Gold rallies and the minors get decimated?
FutureMoneyTrends.com believes that junior mining companies are probably the most undervalued sector in the entire stock market. The recent broad sell off in stocks has made some of them unbelievably cheap, especially the producers. Obviously their earnings estimates will be off since most had an average gold price of less than $1,500 for gold and $25 for silver. The good news for those who haven’t taken advantage of these opportunities is thatFutureMoneyTrends.com will be presenting several more throughout the rest of the year, some long term and some short term breakout plays. Obviously with the markets in panic mode, we will be holding off until we feel the timing will be better to maximize the opportunity.
As far as why are junior mining companies going down right now? All kinds of reasons, with such low volume you could literally have just a handful of people trading a specific company, so it is not surprising at all that we could see someone who may need to raise cash hit the bids for fast money. Remember, often times with micro-cap companies it might take less than $1,000 to move a share price 20% in either direction. The fact is if it’s the only trade or last trade of the day, the close price can often swing portfolios wildly. As for those who believe this will be 2008 again, FutureMoneyTrends.combelieves this is unlikely since most juniors are already trading at such low valuations, in fact lower than in July of 2008 when we had $900 gold.
On the Brink
Economic uncertainty is fueling global unrest. With high unemployment, small protests are easily turned into full blown riots. In London, the headlines are focusing on a man who was killed by police which originally started some protests, however, if you talk to people on the street, this goes way beyond one man’s death. London’s press has reported that discontent has been brewing amongst Britain’s urban poor for years.

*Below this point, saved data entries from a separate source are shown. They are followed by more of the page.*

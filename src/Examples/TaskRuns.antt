-- ===== src/Examples/TaskRuns.antt =====
-- Runs of the tasks in the background.
use webui_hub.Prelude.{
  ℕ, Option, some, none, ◌==◌, elem, ◌≡◌, ◌<◌, refl, false, List, [], ◌∷◌, ◌*◌, length, arith,
  if◌then◌else◌, inl,
}
use webui_hub.Json.{Json, Dict, num, same_json, str, null, get, put, truthy}
use webui_hub.Text.{strip, lstrip, rstrip, is_space, lower}
use webui_hub.Exec.{ok}
use webui_hub.Store.Tenants.{restore_missing}
use webui_hub.Crypto.{JsonText}
use webui_hub.Models.{Spoke, Command}
use webui_hub.Store.Queue.{enqueue_command, load_queue, save_queue, open_file-save_queue}
use webui_hub.Store.Audit.{append_audit, load_audit}
use webui_hub.Codec.{validate_all}
use webui_hub.Disk.{read_rows, open_file, read_rows-same, audit_path, path_eq-kind}
use webui_hub.Tasks.{Draw, task_command, task_audit}
use webui_hub.Tasks.Notifications.{send_notification}
use webui_hub.Tasks.Notifications.Dropped.{send_notification-no_spoke}
use webui_hub.Tasks.Monitored.{
  Central, minute, number_at, check_item, look_up, found_item, missed_item, since_first, told_item,
}
use webui_hub.Tasks.Monitored.Spaced.{told_at, SpacedFrom, told_at-SpacedFrom}
use webui_hub.Tasks.Schedules.{Clock, Pass, pieces, schedule_spokes, due_schedule}
use webui_hub.Store.Payload.{get_default}
use webui_hub.Tasks.Schedules.Once.{schedule_spokes_again}
use webui_hub.SpokeRoutes.Updates.{
  Versions, UpdateJob, World, fresh_update, poll_update_job, second,
}
use webui_hub.SpokeRoutes.Updates.Ends.{Ends, poll_update_job-Ends}
use webui_hub.SpokeRoutes.Updates.Sent.{poll_all, poll_all_lem, agent_pending}
use webui_hub.Examples.Rows.{command_codec, audit_codec}
use webui_hub.Examples.TenantRows.{tenant_codec}
use webui_hub.Examples.Outside.{open_fernet, plain_json}
use webui_hub.Examples.SpokeRows.{spoke_format, stroke_instants}
use webui_hub.Examples.Data.{edge, hub_disk}

-- A process that looks at its clock each 16 seconds, and whose files no other task changes.
abbrev steady : World
steady = record {
  at = λ n. n * (16 * second);
  issues = λ n. record { now = n; id_for = λ s. s };
  files = λ n d. d;
}

abbrev old_versions : Versions
old_versions = record { agent = str "1.0"; spoke = null }

abbrev edge_job : UpdateJob
edge_job = record { completed = false; spokes = ("s1", fresh_update old_versions) ∷ [] }

poll_update_job-Ends_example : Ends (poll_update_job steady "acme" 41 edge_job hub_disk)
poll_update_job-Ends_example =
    poll_update_job-Ends steady (λ n. omega arith) "acme" edge_job hub_disk

abbrev polls : List Versions
polls = old_versions ∷ old_versions ∷ old_versions ∷ old_versions ∷ old_versions ∷ []

poll_all_lem_example :
    let after = poll_all (fresh_update old_versions) polls in
    (after.1 ≡ (if agent_pending after.0 then 0 else 1))
    × (4 < length polls → (after.1 ≡ 1) × (agent_pending after.0 ≡ false))
poll_all_lem_example = poll_all_lem old_versions polls

abbrev none_shown : Central
none_shown = record {
  site_names = [];
  alert_names = [];
  insight_names = [];
  client_macs = [];
  alert_ts = [];
  insight_ts = [];
  device_names = [];
}

abbrev lobby : Dict Json
lobby = ("type", str "client") ∷ ("identifier", str "aa:bb") ∷ []

-- The user is told of a missing client after half an hour, and again an hour later.
abbrev checks : List (ℕ × Central)
checks =
    (100 * minute, none_shown)
    ∷ (129 * minute, none_shown)
    ∷ (130 * minute, none_shown)
    ∷ (150 * minute, none_shown)
    ∷ (190 * minute, none_shown)
    ∷ []

lobby_told :
    told_at none lobby checks
    ≡ (130 * minute, some (100 * minute)) ∷ (190 * minute, some (100 * minute)) ∷ []
unfolding told_at check_item look_up found_item missed_item since_first told_item number_at truthy
    get put strip lstrip rstrip is_space lower elem
lobby_told = refl

lobby_there : truthy (get_default "missing_since" lobby null) ≡ false
unfolding get truthy
lobby_there = refl

told_at-SpacedFrom_example :
    SpacedFrom (number_at "last_notified" lobby) (told_at none lobby checks)
told_at-SpacedFrom_example = told_at-SpacedFrom lobby checks lobby_there

abbrev draw : Draw
draw = record { now = 200 * minute; command_id = λ s. s; audit_id = λ s. s }

send_notification-no_spoke_example :
    send_notification draw "acme" "" "Monitored Client No Longer Reporting" "gone" "distributed"
      hub_disk
    ≡ (ok [], restore_missing hub_disk)
send_notification-no_spoke_example =
    send_notification-no_spoke draw "acme" "Monitored Client No Longer Reporting" "gone" hub_disk

abbrev sunday : Clock
sunday = record { day = "sunday"; hour = 2; minute = 0; key = "2025-06-01 02:00" }

-- A spoke with the default schedule.
abbrev timed : Spoke
timed = record edge { config = ("reclone_schedule_enabled", str "on") ∷ [] }

abbrev clock_int : Json → Option ℕ
clock_int (num n) = some n
clock_int (str t) = if t == "02" then some 2 else if t == "00" then some 0 else none
clock_int _ = none

abbrev clock_json : JsonText
clock_json = record {
  dumps = λ j. "";
  loads = λ t. some (str t);
  str_of = plain_json.str_of;
  int_of = clock_int;
  str_of_str = λ t. refl;
  int_of_num = λ n. refl;
}

abbrev scheduled : Pass
scheduled = schedule_spokes ⦃json = clock_json⦄ draw sunday "acme" (timed ∷ []) [] []

timed_due : due_schedule ⦃json = clock_json⦄ sunday timed ≡ ok (some "sunday 02:00")
unfolding due_schedule same_json get pieces strip lstrip rstrip is_space lower
timed_due = refl

no_queue : load_queue "acme" "s1" [] ≡ ok []
unfolding load_queue validate_all read_rows open_file
no_queue = refl

no_log : (cmds : List Command) → load_audit "acme" "s1" (save_queue "acme" "s1" cmds []) ≡ ok []
unfolding load_audit validate_all read_rows open_file
no_log cmds =
    rw
      (read_rows-same (audit_path "acme" "s1") (save_queue "acme" "s1" cmds []) [] (
        open_file-save_queue "acme" "s1" cmds [] (audit_path "acme" "s1")
          (path_eq-kind _ (audit_path "acme" "s1") refl)))
      refl

went : scheduled.0 ≡ ok tt
unfolding schedule_spokes enqueue_command append_audit get task_audit task_command
went = rw timed_due (rw no_queue (rw no_log refl))

-- The spoke as it is loaded in the later pass, with another name.
abbrev renamed : Spoke
renamed = record timed { label = "another" }

schedule_spokes_again_example :
    schedule_spokes ⦃json = clock_json⦄ draw sunday "acme" (renamed ∷ []) scheduled.1 hub_disk
    ≡ (ok tt, scheduled.1, hub_disk)
schedule_spokes_again_example =
    schedule_spokes_again ⦃json = clock_json⦄ sunday "acme" draw draw (timed ∷ []) (renamed ∷ []) []
      [] hub_disk went (inl (record { id = refl; status = refl; config = refl }), tt)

Over 250,000 people protested over cost of living increases, their demands are extremely scary for those who value liberty. Protesters are demanding a 50% increase in the minimum wage, higher taxes on the rich, and a ‘right to housing.’ Obviously the protester demands are fueled by economic ignorance which makes them that much scarier. The formula is simple, government grows and manipulates the economy, hurts the people, and then the people ask the government for help.